Readers familiar with Brandon Sanderson know two constants: he is perpetually at work, and occasionally those projects are kept secret. The latest confirmation of that pattern is The Fires of December, a new novel Sanderson recently unveiled.
Sanderson announced the book at Dragonsteel Nexus 2025 and shared details via an Instagram reel and a BackerKit page. The Fires of December is tied to a Dragonsteel crowdfunding initiative called Hoid’s Storybook Collection, which bundles four illustrated Hoid tales — including Wandersail, The Dog and the Dragon, The Girl Who Looked Up, and The Chasmfriends Get A Pet — alongside other offerings. His previous crowdfunding effort shattered records, so expectations are high.
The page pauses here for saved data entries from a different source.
-- ===== src/Bank/Queries.antt =====
-- The queries of the bank keeper of x/bank/src/keeper.rs, and the supply that it stores. A text is
-- taken as its bytes, without the replacement of bytes that are no UTF-8.
use doge_sdk.Base.{ℕ, ◌+◌, ◌≤◌, ◌≡◌, refl, Option, some, List, [], ◌∷◌, All, map}
use doge_sdk.Base.Bytes.{Bytes}
use doge_sdk.Base.BTreeMap.{BTreeMap}
use doge_sdk.Database.Bound.{unbounded, IsBytes}
use doge_sdk.Database.Memory.{keep}
use doge_sdk.Database.Prefix.{strip}
use doge_sdk.Database.Record.{Database}
use doge_sdk.Trees.External.{External}
use doge_sdk.Trees.Outcome.{Outcome, ok, expect, ◌>>=◌}
use doge_sdk.Trees.Iavl.Node.{Node}
use doge_sdk.Trees.Iavl.Shape.{Shape, Loads, IsOrdered, entries}
use doge_sdk.Trees.Iavl.RangeLaws.{nodes}
use doge_sdk.Store.KvStore.{KvStore, prefix_set}
use doge_sdk.Store.KvStore.Range.{prefix_range}
use doge_sdk.Store.KvStore.RangeLaws.{selects, prefix_range-eq-strip}
use doge_sdk.Messages.Crates.{Crates}
use doge_sdk.Messages.Key.{expect_done}
use doge_sdk.Messages.Coin.{denom_try_from}
use doge_sdk.Bank.Coin.{Coin}
use doge_sdk.Bank.Keeper.{CoinCodec, create_denom_balance_prefix, read_balance}

abbrev pub supply_key : Bytes
supply_key = 0 ∷ []

module _ ⦃c : CoinCodec⦄ where
  -- The loop over the entries of a scan.
  unfoldable pub decode_balances : BTreeMap Bytes → Outcome (List Coin)
  decode_balances [] = ok []
  decode_balances ((_, bytes) ∷ rest) = do
    coin ← expect (c.decode bytes)
    coins ← decode_balances rest
    ok (coin ∷ coins)

module _ ⦃r : Crates⦄ where
  unfoldable pub decode_supply : BTreeMap Bytes → Outcome (List Coin)
  unfolding denom_try_from
  decode_supply [] = ok []
  decode_supply ((key, value) ∷ rest) = do
    denom ← expect_done (denom_try_from key)
    amount ← expect (r.uint_from_str value)
    coins ← decode_supply rest
    ok (record { denom = denom; amount = amount } ∷ coins)

  unfoldable pub set_supply : {S : Type 0} → KvStore S → Coin → Outcome (KvStore S)
  unfolding prefix_set
  set_supply s coin = prefix_set s supply_key coin.denom (r.uint_to_string coin.amount)

module _ ⦃x : External⦄ {S : Type 0} ⦃d : Database S⦄ (fuel : ℕ) where
  unfoldable pub query_balance : ⦃c : CoinCodec⦄ → KvStore S → Bytes → Bytes → Outcome (Option Coin)
  unfolding read_balance
  query_balance s address denom = read_balance fuel s address denom

  unfoldable pub query_all_balances : ⦃c : CoinCodec⦄ → KvStore S → Bytes → Outcome (List Coin)
  unfolding prefix_range create_denom_balance_prefix decode_balances
  query_all_balances s address = do
    balances ← prefix_range unbounded unbounded fuel s (create_denom_balance_prefix address)
    decode_balances balances

  unfoldable pub get_paginated_total_supply : ⦃r : Crates⦄ → KvStore S → Outcome (List Coin)
  unfolding prefix_range decode_supply
  get_paginated_total_supply s = do
    supply ← prefix_range unbounded unbounded fuel s supply_key
    decode_supply supply

-- Every entry holds a coin.
abbrev pub HoldCoins : ⦃c : CoinCodec⦄ → BTreeMap Bytes → Type 0
HoldCoins ⦃c = c⦄ m = All (λ e. (coin : Coin) × (c.decode e.1 ≡ some coin)) m

-- The coins that the entries hold.
abbrev pub Listed : ⦃c : CoinCodec⦄ → BTreeMap Bytes → List Coin → Type 0
Listed ⦃c = c⦄ m coins = map (λ e. c.decode e.1) m ≡ map some coins

module _ ⦃c : CoinCodec⦄ where
  decode_balances-strip :
      (p : Bytes) (m : BTreeMap Bytes)
      → HoldCoins m
      → (coins : List Coin) × (decode_balances (strip p m) ≡ ok coins) × Listed m coins
  unfolding decode_balances
  decode_balances-strip p [] h = ([], refl, refl)
  decode_balances-strip p (e ∷ m) ((coin, k), h) =
      let (coins, l, listed) = decode_balances-strip p m h in
      (coin ∷ coins, rw (k, l) refl, rw (map, k, listed) refl)

module _ ⦃x : External⦄ {S : Type 0} ⦃d : Database S⦄ ⦃c : CoinCodec⦄ where
  -- In a store whose tree stands for an ordered tree with keys of bytes, the query of all balances
  -- returns the coins of the entries whose keys begin with the address's prefix, in order, if each
  -- of these holds a coin, given two more units of fuel than there are nodes.
  pub query_all_balances-returns :
      (fuel : ℕ) (s : KvStore S) (address : Bytes) (n : Node) (shape : Shape)
      → s.persistent_store.root ≡ some n
      → Loads s.persistent_store.node_db n shape
      → IsOrdered shape
      → All (λ e. IsBytes e.0) (entries shape)
      → nodes shape + 2 ≤ fuel
      → let m =
          keep
            (selects unbounded unbounded (create_denom_balance_prefix address))
            (entries shape) in
        HoldCoins m
        → (coins : List Coin) × (query_all_balances fuel s address ≡ ok coins) × Listed m coins
  unfolding query_all_balances
  query_all_balances-returns fuel s address n shape e l o b f h =
      let p = create_denom_balance_prefix address in
      let m = keep (selects unbounded unbounded p) (entries shape) in
      let (coins, k, listed) = decode_balances-strip p m h in
      (
        coins,
        rw
            (
              query_all_balances,
              prefix_range-eq-strip unbounded unbounded fuel s p n shape e l o b f,
            )
            k,
        listed,
      )
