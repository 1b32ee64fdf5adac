-- ===== src/Bank/Params.antt =====
-- The parameters of the bank, of x/bank/src/params.rs, over the store of the parameters and the
-- prefix of the subspace.
use doge_sdk.Base.{ℕ, Bool, true, false, Option, none, some, [], ◌∷◌, if◌then◌else◌}
use doge_sdk.Base.Bytes.{Bytes, eq_bytes}
use doge_sdk.Database.Record.{Database}
use doge_sdk.Trees.External.{External}
use doge_sdk.Trees.Outcome.{Outcome, ok, expect, ◌>>=◌}
use doge_sdk.Store.KvStore.{KvStore, prefix_get, prefix_set}

pub record Params : Type 0 where
  pub default_send_enabled : Bool

-- "SendEnabled" and "DefaultSendEnabled".
abbrev pub key_send_enabled : Bytes
key_send_enabled = 83 ∷ 101 ∷ 110 ∷ 100 ∷ 69 ∷ 110 ∷ 97 ∷ 98 ∷ 108 ∷ 101 ∷ 100 ∷ []

abbrev pub key_default_send_enabled : Bytes
key_default_send_enabled =
    68 ∷ 101 ∷ 102 ∷ 97 ∷ 117 ∷ 108 ∷ 116 ∷ 83 ∷ 101 ∷ 110 ∷ 100 ∷ 69 ∷ 110 ∷ 97 ∷ 98 ∷ 108 ∷ 101
    ∷ 100 ∷ []

-- `bool::to_string` and `str::parse`.
unfoldable pub bool_to_string : Bool → Bytes
bool_to_string true = 116 ∷ 114 ∷ 117 ∷ 101 ∷ []
bool_to_string false = 102 ∷ 97 ∷ 108 ∷ 115 ∷ 101 ∷ []

unfoldable pub parse_bool : Bytes → Option Bool
unfolding bool_to_string
parse_bool text =
    if eq_bytes text (bool_to_string true)
    then some true
    else if eq_bytes text (bool_to_string false)
    then some false
    else none

module _ ⦃x : External⦄ {S : Type 0} ⦃d : Database S⦄ (fuel : ℕ) where
  unfoldable pub get : KvStore S → Bytes → Outcome Params
  unfolding prefix_get parse_bool
  get s subspace = do
    found ← prefix_get fuel s subspace key_default_send_enabled
    text ← expect found
    default_send_enabled ← expect (parse_bool text)
    ok (record { default_send_enabled = default_send_enabled })

-- The list of the denominations is "[]".
unfoldable pub set : {S : Type 0} → KvStore S → Bytes → Params → Outcome (KvStore S)
unfolding prefix_set bool_to_string
set s subspace params = do
  s1 ← prefix_set s subspace key_default_send_enabled (bool_to_string params.default_send_enabled)
  prefix_set s1 subspace key_send_enabled (91 ∷ 93 ∷ [])
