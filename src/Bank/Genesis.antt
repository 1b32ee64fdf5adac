-- ===== src/Bank/Genesis.antt =====
-- `Keeper::init_genesis` of x/bank/src/keeper.rs, with the types of x/bank/src/types.rs.
pub mod Pending
pub mod Supply
use doge_sdk.Base.{ℕ, ◌+◌, ◌^◌, List, [], ◌∷◌, ltb, if◌then◌else◌}
use doge_sdk.Base.Bytes.{Bytes, eq_bytes}
use doge_sdk.Trees.Outcome.{Outcome, ok, panic, ◌>>=◌}
use doge_sdk.Store.KvStore.{KvStore, prefix_set}
use doge_sdk.Messages.Crates.{Crates}
use doge_sdk.Bank.Coin.{Coin}
use doge_sdk.Bank.Keeper.{CoinCodec, create_denom_balance_prefix, write_balance}
use doge_sdk.Bank.Queries.{set_supply}
use doge_sdk.Bank.Params
use doge_sdk.Bank.Params.{Params}

pub record Balance : Type 0 where
  pub address : Bytes
  pub coins : List Coin

pub record GenesisState : Type 0 where
  pub balances : List Balance
  pub params : Params

-- The `HashMap` of the amounts, in the order of the first coins. A coin is added to the amount of
-- its denomination; a sum that does not fit a `Uint256` is a panic.
unfoldable pub add_total : List Coin → Coin → Outcome (List Coin)
add_total [] coin = ok (coin ∷ [])
add_total (total ∷ totals) coin =
    let rest = add_total totals coin in
    if eq_bytes coin.denom total.denom
    then if ltb (coin.amount + total.amount) (2 ^ 256)
      then ok (record { denom = total.denom; amount = coin.amount + total.amount } ∷ totals)
      else panic
    else do totals' ← rest; ok (total ∷ totals')

module _ {S : Type 0} ⦃c : CoinCodec⦄ where
  -- The inner loop, over the coins of one address.
  unfoldable pub set_coins :
      KvStore S → List Coin → Bytes → List Coin → Outcome (KvStore S × List Coin)
  unfolding add_total write_balance
  set_coins s totals address [] = ok (s, totals)
  set_coins s totals address (coin ∷ coins) = do
    s1 ← write_balance s address coin.denom coin
    totals1 ← add_total totals coin
    set_coins s1 totals1 address coins

  unfoldable pub set_balances :
      KvStore S → List Coin → List Balance → Outcome (KvStore S × List Coin)
  unfolding set_coins
  set_balances s totals [] = ok (s, totals)
  set_balances s totals (balance ∷ balances) = do
    (s1, totals1) ← set_coins s totals balance.address balance.coins
    set_balances s1 totals1 balances

module _ {S : Type 0} ⦃r : Crates⦄ where
  unfoldable pub set_supplies : KvStore S → List Coin → Outcome (KvStore S)
  unfolding set_supply
  set_supplies s [] = ok s
  set_supplies s (coin ∷ coins) = do s1 ← set_supply s coin; set_supplies s1 coins

module _ {S : Type 0} ⦃r : Crates⦄ ⦃c : CoinCodec⦄ where
  -- `order` is the order in which the `HashMap` is iterated.
  unfoldable pub init_genesis :
      (List Coin → List Coin)
      → Bytes
      → KvStore S
      → KvStore S
      → GenesisState
      → Outcome (KvStore S × KvStore S)
  unfolding Params.set set_balances set_supplies
  init_genesis order subspace params_store bank_store genesis = do
    params_store' ← Params.set params_store subspace genesis.params
    (bank_store1, totals) ← set_balances bank_store [] genesis.balances
    bank_store2 ← set_supplies bank_store1 (order totals)
    ok (params_store', bank_store2)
The Fires of December is billed as a Cosmere standalone — another entry in Sanderson’s interconnected multiverse — and is slated for release next year.
Image: Brotherwise Games and Dragonsteel EntertainmentAlong with an early, non-final cover by Tran Nguyen, Sanderson released a synopsis for the novel. In summary: December, a young woman from a land fed by vivid rivers of demon blood, learns a lethal pestilence is approaching. She resolves to sail the River Violet to warn the royal court, only to confront skeptical ministers, courtly machinations, and a rakish count. Her allies include a loquacious priestess and an up-and-coming fashion designer, and she must rely on quick thinking and fierce resolve to be heard.
The Cosmere continues to inspire fans across media — it even serves as the foundation for a tabletop RPG — so a fresh protagonist and setting have generated plenty of excitement and speculation, not least because the name December raises questions about possible links or thematic resonances within Sanderson’s universe.
Sanderson read the opening chapter at Dragonsteel Nexus; for those who could not attend, the chapter will be made available via his newsletter. You can subscribe for free to receive it directly.
On what readers should expect from these Hoid-related tales, Sanderson described them as accounts of Hoid’s misadventures — stories in which hardships befall him and he recounts the events afterward.